On this basis, our algorithm has also been extended in the following aspects:
(1) Borrowing the LinearFold idea to further reduce computational complexity from the cubic complexity to linearity, greatly reducing the time required to design the mRNA sequence;
(2) From providing an optimal mRNA sequence to providing the top k suboptimal mRNA sequences as alternatives. Vaccine companies can select the most suitable vaccine sequence from these alternatives;
(3) Simultaneously optimize the secondary structure stability and codon optimality, and design an mRNA vaccine sequence with good stability and high protein expression efficiency.
Our experiment results show that LinearDesign can efficiently design mRNA sequences. For the SARS-CoV-2 spike protein, LinearDesign can finish the mRNA sequence design in 1.6 hours with exact search. With linear-time approximation, the design time is shortened to 16 minutes (b=1,000) and 78 seconds (b=100).

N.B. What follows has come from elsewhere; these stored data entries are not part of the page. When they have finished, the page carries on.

-- ===== src/App/ConnectTarget/Requests.antt =====
-- The requests of `ConnectTarget` in src/server/app/connect_target.rs, up to the task that `bridge`
-- starts.
pub mod Permitted
use rustion.Prelude.{
  ℕ, ◌%◌, Bool, true, false, not, ◌&&◌, Option, none, some, Result, ok, err, List, [], ◌∷◌, ◌==◌,
  find, if◌then◌else◌,
}
use mathlib.Core.Option
use rustion.Prelude.Actions.{Outcome, returned, failed, panicked}
use rustion.Prelude.Map.{HashMap, get, insert, remove}
use rustion.Prelude.Text.{Text, codes, text_eq}
use rustion.Casbin.Rules.{
  Uuid, Error, russh, app, RusshError, administratively_prohibited, send_error,
  channel_open_failure, other_russh, channel_record_exists, init_record_error,
  channel_notify_exists,
}
use rustion.Server.User.{User}
use rustion.App.World.{
  World, Target, TargetSecretName, Request, shell, exec, open_direct_tcpip, Window, Call,
  open_channel, request_pty, request_shell, request_exec, send, send_eof, change_window, Event,
  success, failure, close, called, replied, connected, recorder_made, recorded, logged, Modes,
  handle_input, handle_marker, handle_resize,
}
use rustion.App.Method.{
  Run, Method, pure, fail_with, panic, get_this, set_this, if_let, answer, note, perform, ask,
  match_result, ◌>>=◌, ◌>>◌,
}
use rustion.App.ConnectTarget.{
  TargetChannel, channel_full, channel_write_half, ConnectTarget, call, Self,
  connect_to_target_with_pty, connect_to_target_without_pty,
}

module _ {Ip : Type 0} (W : World Ip) where
  -- The request on the target's channel.
  unfoldable pub send_request : ℕ → Request → Self (Unit {0})
  unfolding perform
  send_request channel request = do
    c ← get_this
    elim request [
      | shell ↦ perform W (call c channel request_shell)
      | exec bytes ↦ perform W (call c channel (request_exec bytes))
      | open_direct_tcpip host port from from_port ↦ pure tt
    ]

  -- The channel is taken out of the map, split, and its write half put back; `unreachable!` unless it
  -- was whole.
  unfoldable pub split_channel : ℕ → Self (Unit {0})
  split_channel channel = do
    c ← get_this
    if_let (get channel c.target_channel) panic (λ whole. do
      set_this (record c { target_channel = remove channel c.target_channel })
      elim whole [
        | channel_full ↦ set_this (record c {
          target_channel = insert channel channel_write_half (remove channel c.target_channel);
        })
        | channel_write_half ↦ panic
      ])

  unfoldable pub add_notify : ℕ → Self (Unit {0})
  add_notify channel = do
    c ← get_this
    set_this (record c { notify = insert channel tt c.notify })
    if_let (get channel c.notify) (pure tt) (λ _. fail_with (app channel_notify_exists))

  -- `bridge`, whose task runs on by itself.
  unfoldable pub bridge : ℕ → Request → Self (Unit {0})
  unfolding split_channel send_request add_notify
  bridge channel request = do
    split_channel channel
    c ← get_this
    if_let c.target panic
        (λ t. do send_request channel request; add_notify channel; note (logged request t))

  unfoldable pub do_exec_request :
      Text → Option Text → Option Window → Option Modes → ℕ → Self (Unit {0})
  unfolding connect_to_target_with_pty connect_to_target_without_pty bridge
  do_exec_request bytes (some term) (some window) (some modes) channel = do
    ready ← connect_to_target_with_pty W term window modes channel (exec bytes)
    if ready then bridge channel (exec bytes) else pure tt
  do_exec_request bytes term window modes channel = do
    ready ← connect_to_target_without_pty W channel (exec bytes)
    if ready then bridge channel (exec bytes) else pure tt

  -- The match on the result that `exec_request` and `shell_request` make.
  unfoldable pub reply_after : ℕ → Self (Unit {0}) → Self (Unit {0})
  unfolding perform
  reply_after channel m =
      match_result m (λ _. perform W (replied channel success))
        (λ e. perform W (replied channel failure) >> fail_with e)

  unfoldable pub exec_request :
      ℕ → Text → Option Text → Option Window → Option Modes → Self (Unit {0})
  unfolding reply_after do_exec_request
  exec_request channel bytes term window modes =
      reply_after channel (do_exec_request bytes term window modes channel)

  unfoldable pub connect_to_target_with_shell : Text → Window → Modes → ℕ → Self (Unit {0})
  unfolding connect_to_target_with_pty bridge
  connect_to_target_with_shell term window modes channel = do
    ready ← connect_to_target_with_pty W term window modes channel shell
    if ready then bridge channel shell else pure tt

  unfoldable pub shell_request : ℕ → Text → Window → Modes → Self (Unit {0})
  unfolding reply_after connect_to_target_with_shell
  shell_request channel term window modes =
      reply_after channel (connect_to_target_with_shell term window modes channel)

  unfoldable pub do_channel_open_direct_tcpip : ℕ → Request → Self Bool
  unfolding connect_to_target_without_pty bridge
  do_channel_open_direct_tcpip channel request = do
    ready ← connect_to_target_without_pty W channel request
    if ready then (bridge channel request >> pure true) else pure false

  -- A channel that the target does not open is no error.
  unfoldable pub forgive : Error → Self Bool
  forgive (russh administratively_prohibited) = pure false
  forgive (russh (channel_open_failure n)) = pure false
  forgive e = fail_with e

  unfoldable pub channel_open_direct_tcpip : ℕ → Text → ℕ → Text → ℕ → Self Bool
  unfolding do_channel_open_direct_tcpip forgive
  channel_open_direct_tcpip channel host port from from_port =
      match_result
        (do_channel_open_direct_tcpip channel (open_direct_tcpip host port from from_port)) pure
        forgive

  -- A window that is told to the target is answered by success, and then by failure.
  unfoldable pub window_change_request : ℕ → Window → Self (Unit {0})
  unfolding perform
  window_change_request channel window = do
    c ← get_this
    if_let (get channel c.target_channel) (pure tt) (λ _. do
      perform W (call c channel (change_window window))
      perform W (replied channel success))
    if_let (get channel c.record_session) (pure tt) (λ r. do
      note (recorded r (handle_marker (codes "window change")))
      note (recorded r (handle_resize (window.col_width % 65536) (window.row_height % 65536))))
    perform W (replied channel failure)
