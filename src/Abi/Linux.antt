-- ===== src/Abi/Linux.antt =====
-- The x86_64 Linux values of the constants of <fcntl.h>, <sys/mman.h>, <signal.h> and <errno.h> that
-- the program names.
use mac_ify.Prelude.{ℕ}

abbrev pub o_nonblock : ℕ
o_nonblock = 0x800

abbrev pub o_append : ℕ
o_append = 0x400

abbrev pub o_async : ℕ
o_async = 0x2000

abbrev pub o_sync : ℕ
o_sync = 0x101000

abbrev pub o_nofollow : ℕ
o_nofollow = 0x20000

abbrev pub o_creat : ℕ
o_creat = 0x40

abbrev pub o_trunc : ℕ
o_trunc = 0x200

abbrev pub o_excl : ℕ
o_excl = 0x80

abbrev pub o_noctty : ℕ
o_noctty = 0x100

abbrev pub o_cloexec : ℕ
o_cloexec = 0x80000

abbrev pub map_shared : ℕ
map_shared = 0x01

abbrev pub map_private : ℕ
map_private = 0x02

abbrev pub map_fixed : ℕ
map_fixed = 0x10

abbrev pub map_noreserve : ℕ
map_noreserve = 0x4000

abbrev pub map_anonymous : ℕ
map_anonymous = 0x20

abbrev pub f_dupfd : ℕ
f_dupfd = 0

abbrev pub f_getfd : ℕ
f_getfd = 1

abbrev pub f_setfd : ℕ
f_setfd = 2

abbrev pub f_getfl : ℕ
f_getfl = 3

abbrev pub f_setfl : ℕ
f_setfl = 4

abbrev pub f_getlk : ℕ
f_getlk = 5

abbrev pub f_setlk : ℕ
f_setlk = 6

abbrev pub f_setlkw : ℕ
f_setlkw = 7

abbrev pub f_setown : ℕ
f_setown = 8

abbrev pub f_getown : ℕ
f_getown = 9

abbrev pub f_dupfd_cloexec : ℕ
f_dupfd_cloexec = 1030

abbrev pub madv_normal : ℕ
madv_normal = 0

abbrev pub madv_random : ℕ
madv_random = 1

abbrev pub madv_sequential : ℕ
madv_sequential = 2

abbrev pub madv_willneed : ℕ
madv_willneed = 3

abbrev pub madv_dontneed : ℕ
madv_dontneed = 4

abbrev pub madv_free : ℕ
madv_free = 8

abbrev pub sig_block : ℕ
sig_block = 0

abbrev pub sig_unblock : ℕ
sig_unblock = 1

abbrev pub sig_setmask : ℕ
sig_setmask = 2

abbrev pub sa_siginfo : ℕ
sa_siginfo = 0x00000004

abbrev pub sa_onstack : ℕ
sa_onstack = 0x08000000

abbrev pub sa_nodefer : ℕ
sa_nodefer = 0x40000000

abbrev pub enoent : ℕ
enoent = 2

abbrev pub einval : ℕ
einval = 22

abbrev pub enosys : ℕ
enosys = 38
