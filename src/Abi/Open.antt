-- ===== src/Abi/Open.antt =====
-- The flags of open(2) on the two systems: xnu's bsd/sys/fcntl.h (docs/xnu/headers/sys_fcntl.h) and
-- x86_64 Linux. The two low bits, the access mode, are alike.
use mac_ify.Prelude.{ℕ}

pub data OpenFlag : Type 0 where
  nonblock append async sync nofollow creat trunc excl noctty cloexec directory : OpenFlag

unfoldable pub macos_bit : OpenFlag → ℕ
macos_bit nonblock = 0x4
macos_bit append = 0x8
macos_bit async = 0x40
macos_bit sync = 0x80
macos_bit nofollow = 0x100
macos_bit creat = 0x200
macos_bit trunc = 0x400
macos_bit excl = 0x800
macos_bit noctty = 0x20000
macos_bit directory = 0x100000
macos_bit cloexec = 0x1000000

-- `O_SYNC` has two bits on Linux.
unfoldable pub linux_bit : OpenFlag → ℕ
linux_bit nonblock = 0x800
linux_bit append = 0x400
linux_bit async = 0x2000
linux_bit sync = 0x101000
linux_bit nofollow = 0x20000
linux_bit creat = 0x40
linux_bit trunc = 0x200
linux_bit excl = 0x80
linux_bit noctty = 0x100
linux_bit directory = 0x10000
linux_bit cloexec = 0x80000
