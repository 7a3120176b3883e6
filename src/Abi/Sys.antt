-- ===== src/Abi/Sys.antt =====
-- The x86_64 Linux system call numbers of <sys/syscall.h> that the program names as SYS_*.
use mac_ify.Prelude.{ℕ}

abbrev pub sys_fork : ℕ
sys_fork = 57

abbrev pub sys_read : ℕ
sys_read = 0

abbrev pub sys_write : ℕ
sys_write = 1

abbrev pub sys_open : ℕ
sys_open = 2

abbrev pub sys_close : ℕ
sys_close = 3

abbrev pub sys_wait4 : ℕ
sys_wait4 = 61

abbrev pub sys_link : ℕ
sys_link = 86

abbrev pub sys_unlink : ℕ
sys_unlink = 87

abbrev pub sys_chdir : ℕ
sys_chdir = 80

abbrev pub sys_fchdir : ℕ
sys_fchdir = 81

abbrev pub sys_mknod : ℕ
sys_mknod = 133

abbrev pub sys_chmod : ℕ
sys_chmod = 90

abbrev pub sys_chown : ℕ
sys_chown = 92

abbrev pub sys_getpid : ℕ
sys_getpid = 39

abbrev pub sys_setuid : ℕ
sys_setuid = 105

abbrev pub sys_getuid : ℕ
sys_getuid = 102

abbrev pub sys_geteuid : ℕ
sys_geteuid = 107

abbrev pub sys_recvmsg : ℕ
sys_recvmsg = 47

abbrev pub sys_sendmsg : ℕ
sys_sendmsg = 46

abbrev pub sys_recvfrom : ℕ
sys_recvfrom = 45

abbrev pub sys_accept : ℕ
sys_accept = 43

abbrev pub sys_getpeername : ℕ
sys_getpeername = 52

abbrev pub sys_getsockname : ℕ
sys_getsockname = 51

abbrev pub sys_access : ℕ
sys_access = 21

abbrev pub sys_sync : ℕ
sys_sync = 162

abbrev pub sys_kill : ℕ
sys_kill = 62

abbrev pub sys_getppid : ℕ
sys_getppid = 110

abbrev pub sys_dup : ℕ
sys_dup = 32

abbrev pub sys_pipe : ℕ
sys_pipe = 22

abbrev pub sys_getegid : ℕ
sys_getegid = 108

abbrev pub sys_rt_sigaction : ℕ
sys_rt_sigaction = 13

abbrev pub sys_getgid : ℕ
sys_getgid = 104

abbrev pub sys_rt_sigprocmask : ℕ
sys_rt_sigprocmask = 14

abbrev pub sys_sigaltstack : ℕ
sys_sigaltstack = 131

abbrev pub sys_ioctl : ℕ
sys_ioctl = 16

abbrev pub sys_symlink : ℕ
sys_symlink = 88

abbrev pub sys_readlink : ℕ
sys_readlink = 89

abbrev pub sys_execve : ℕ
sys_execve = 59

abbrev pub sys_umask : ℕ
sys_umask = 95

abbrev pub sys_chroot : ℕ
sys_chroot = 161

abbrev pub sys_msync : ℕ
sys_msync = 26

abbrev pub sys_munmap : ℕ
sys_munmap = 11

abbrev pub sys_mprotect : ℕ
sys_mprotect = 10

abbrev pub sys_madvise : ℕ
sys_madvise = 28

abbrev pub sys_mincore : ℕ
sys_mincore = 27

abbrev pub sys_getgroups : ℕ
sys_getgroups = 115

abbrev pub sys_setgroups : ℕ
sys_setgroups = 116

abbrev pub sys_getpgrp : ℕ
sys_getpgrp = 111

abbrev pub sys_setpgid : ℕ
sys_setpgid = 109

abbrev pub sys_setitimer : ℕ
sys_setitimer = 38

abbrev pub sys_getitimer : ℕ
sys_getitimer = 36

abbrev pub sys_dup2 : ℕ
sys_dup2 = 33

abbrev pub sys_fcntl : ℕ
sys_fcntl = 72

abbrev pub sys_select : ℕ
sys_select = 23

abbrev pub sys_fsync : ℕ
sys_fsync = 74

abbrev pub sys_setpriority : ℕ
sys_setpriority = 141

abbrev pub sys_socket : ℕ
sys_socket = 41

abbrev pub sys_connect : ℕ
sys_connect = 42

abbrev pub sys_getpriority : ℕ
sys_getpriority = 140

abbrev pub sys_gettimeofday : ℕ
sys_gettimeofday = 96

abbrev pub sys_getrusage : ℕ
sys_getrusage = 98

abbrev pub sys_getsockopt : ℕ
sys_getsockopt = 55

abbrev pub sys_readv : ℕ
sys_readv = 19

abbrev pub sys_writev : ℕ
sys_writev = 20

abbrev pub sys_settimeofday : ℕ
sys_settimeofday = 164

abbrev pub sys_fchown : ℕ
sys_fchown = 93

abbrev pub sys_fchmod : ℕ
sys_fchmod = 91

abbrev pub sys_setreuid : ℕ
sys_setreuid = 113

abbrev pub sys_setregid : ℕ
sys_setregid = 114

abbrev pub sys_rename : ℕ
sys_rename = 82

abbrev pub sys_flock : ℕ
sys_flock = 73

abbrev pub sys_sendto : ℕ
sys_sendto = 44

abbrev pub sys_shutdown : ℕ
sys_shutdown = 48

abbrev pub sys_socketpair : ℕ
sys_socketpair = 53

abbrev pub sys_mkdir : ℕ
sys_mkdir = 83

abbrev pub sys_rmdir : ℕ
sys_rmdir = 84

abbrev pub sys_utimes : ℕ
sys_utimes = 235

abbrev pub sys_setsid : ℕ
sys_setsid = 112

abbrev pub sys_getpgid : ℕ
sys_getpgid = 121

abbrev pub sys_pread64 : ℕ
sys_pread64 = 17

abbrev pub sys_pwrite64 : ℕ
sys_pwrite64 = 18

abbrev pub sys_fdatasync : ℕ
sys_fdatasync = 75

abbrev pub sys_mmap : ℕ
sys_mmap = 9

abbrev pub sys_lseek : ℕ
sys_lseek = 8

abbrev pub sys_truncate : ℕ
sys_truncate = 76

abbrev pub sys_ftruncate : ℕ
sys_ftruncate = 77

abbrev pub sys_mlock : ℕ
sys_mlock = 149

abbrev pub sys_munlock : ℕ
sys_munlock = 150

abbrev pub sys_poll : ℕ
sys_poll = 7

abbrev pub sys_openat : ℕ
sys_openat = 257

abbrev pub sys_renameat : ℕ
sys_renameat = 264

abbrev pub sys_faccessat : ℕ
sys_faccessat = 269

abbrev pub sys_fchmodat : ℕ
sys_fchmodat = 268

abbrev pub sys_fchownat : ℕ
sys_fchownat = 260

abbrev pub sys_unlinkat : ℕ
sys_unlinkat = 263

abbrev pub sys_readlinkat : ℕ
sys_readlinkat = 267

abbrev pub sys_getrandom : ℕ
sys_getrandom = 318

abbrev pub sys_exit_group : ℕ
sys_exit_group = 231
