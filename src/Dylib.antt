-- ===== src/Dylib.antt =====
-- src/macho_dylib.c: the loader of Mach-O shared libraries.
pub mod Commands
pub mod Segments
pub mod Image
pub mod Exports
pub mod Run
pub mod Rebases
pub mod Binds
pub mod Chains
pub mod Indirect
pub mod Depends
pub mod Collect
pub mod Load
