-- ===== src/Dylib/Commands.antt =====
-- The load commands of a Mach-O file, as src/macho_dylib.c walks over them. A file is a memory of its
-- own that begins at 0 with the header: the kernel gives mappings that do not overlap.
use mac_ify.Prelude.{ℕ, zero, suc, ◌+◌, ◌%◌, ◌^◌, Bool, Memory, load, ◌==◌}

abbrev pub File : Type 0
File = Memory

-- `uint64_t` addition.
abbrev pub sum_u64 : ℕ → ℕ → ℕ
sum_u64 a b = (a + b) % 2 ^ 64

-- mach_header_64
abbrev pub mh_magic_64 : ℕ
mh_magic_64 = 0xFEEDFACF

abbrev pub magic_of : File → ℕ
magic_of file = load 4 file 0

abbrev pub filetype_of : File → ℕ
filetype_of file = load 4 file 12

abbrev pub ncmds_of : File → ℕ
ncmds_of file = load 4 file 16

abbrev pub first_command : ℕ
first_command = 32

-- load_command
abbrev pub cmd_at : File → ℕ → ℕ
cmd_at file lc = load 4 file lc

abbrev pub cmdsize_at : File → ℕ → ℕ
cmdsize_at file lc = load 4 file (lc + 4)

abbrev pub lc_segment_64 : ℕ
lc_segment_64 = 0x19

abbrev pub lc_symtab : ℕ
lc_symtab = 0x02

-- segment_command_64
abbrev pub vmaddr_at : File → ℕ → ℕ
vmaddr_at file seg = load 8 file (seg + 24)

abbrev pub vmsize_at : File → ℕ → ℕ
vmsize_at file seg = load 8 file (seg + 32)

abbrev pub fileoff_at : File → ℕ → ℕ
fileoff_at file seg = load 8 file (seg + 40)

abbrev pub filesize_at : File → ℕ → ℕ
filesize_at file seg = load 8 file (seg + 48)

abbrev pub initprot_at : File → ℕ → ℕ
initprot_at file seg = load 4 file (seg + 60)

unfoldable pub is_segment : File → ℕ → Bool
is_segment file lc = cmd_at file lc == lc_segment_64

-- `lc = (load_command *)((uint8_t *)lc + lc->cmdsize)`
abbrev pub next_command : File → ℕ → ℕ
next_command file lc = lc + cmdsize_at file lc

-- Where the command with this index lies, counted from the one at `lc`.
unfoldable pub command_at : File → ℕ → ℕ → ℕ
command_at file lc zero = lc
command_at file lc (suc k) = command_at file (next_command file lc) k
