-- ===== src/Dylib/Image.antt =====
-- What the fixups of src/macho_dylib.c know of a library: its segments, its slide, and
-- `resolve_symbol` of src/segments.c over all libraries, which is a parameter.
use mac_ify.Dylib.Commands.{sum_u64}
use mac_ify.Prelude.{ℕ, zero, suc, List, [], ◌∷◌, Option, none, some}

-- dylib_segment
pub record DylibSegment : Type 0 where
  pub vmaddr : ℕ
  pub vmsize : ℕ
  pub fileoff : ℕ
  pub filesize : ℕ

pub record Dylib : Type 0 where
  -- `segs[0 .. nsegs)`
  pub segs : List DylibSegment
  -- a pattern of 64 bits
  pub slide : ℕ
  -- `resolve_symbol(-1, sym)`, 0 for NULL
  pub resolve : List ℕ → ℕ
  -- the address of `macify_unresolved_stub`
  pub stub : ℕ

-- `segs[i]`, if `0 <= i && i < nsegs`; `none` is the index -1.
abbrev pub get_elem? : List DylibSegment → ℕ → Option DylibSegment
get_elem? [] i = none
get_elem? (s ∷ segs) zero = some s
get_elem? (s ∷ segs) (suc i) = get_elem? segs i

unfoldable pub segment_of : Dylib → Option ℕ → Option DylibSegment
segment_of d none = none
segment_of d (some i) = get_elem? d.segs i

-- `segs[seg_index].vmaddr + seg_offset + slide`
abbrev pub slot_of : Dylib → DylibSegment → ℕ → ℕ
slot_of d seg seg_offset = sum_u64 (sum_u64 seg.vmaddr seg_offset) d.slide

We also compared the stability of our designed sequences with wildtype and random generated sequences. The wildtype sequence, denoted in a red circle, folds into a structure with the minimum free energy change of –967.8 kcal/mol. The most random sequences, denoted in blue cloud and orange cloud, have similar free energy changes (-987.9 kcal/mol and -1063.23 kcal/mol on average, respectively) as the wildtype. The sequence designed by LinearDesign in exact search has the lowest MFE of -2,477.70 kcal/mol (less energy indicating more stability). With only 0.56% MFE loss from the exact search sequence, the designed sequence with beam size b = 1, 000 achieves an MFE of -2,463.8 kcal/mol.
The results of MFE and CAI joint optimization, shown in light-blue curve and magenta curve, are also astonishing. We see that the curve is on the top-left of the figure, indicating that the sequences on the curve have both stable secondary structures and high expression levels. In fact, this curve is the accessible boundary of all possible sequences, i.e., no sequences can achieve the region beyond (to the top-left) the curve. The points on the curve are good candidates for mRNA vaccine. For example, the point with λ = 100, has the free energy change of -2,414.6 kcal/mol and CAI of 0.823, which is only 2.5% away from the optimal MFE sequence but with 0.097 increase in CAI. Shifting right from the light-blue curve with a small margin, the magenta curve is the result of joint optimization using b = 1, 000. This curve shows that the approximation quality is good with b = 1, 000.
The figure above shows the secondary structures of the wildtype sequences, our designed sequences with b = 1, 000 and b = +∞, as well as designed sequences with an absence of base pairing in the 5’-end leader regions.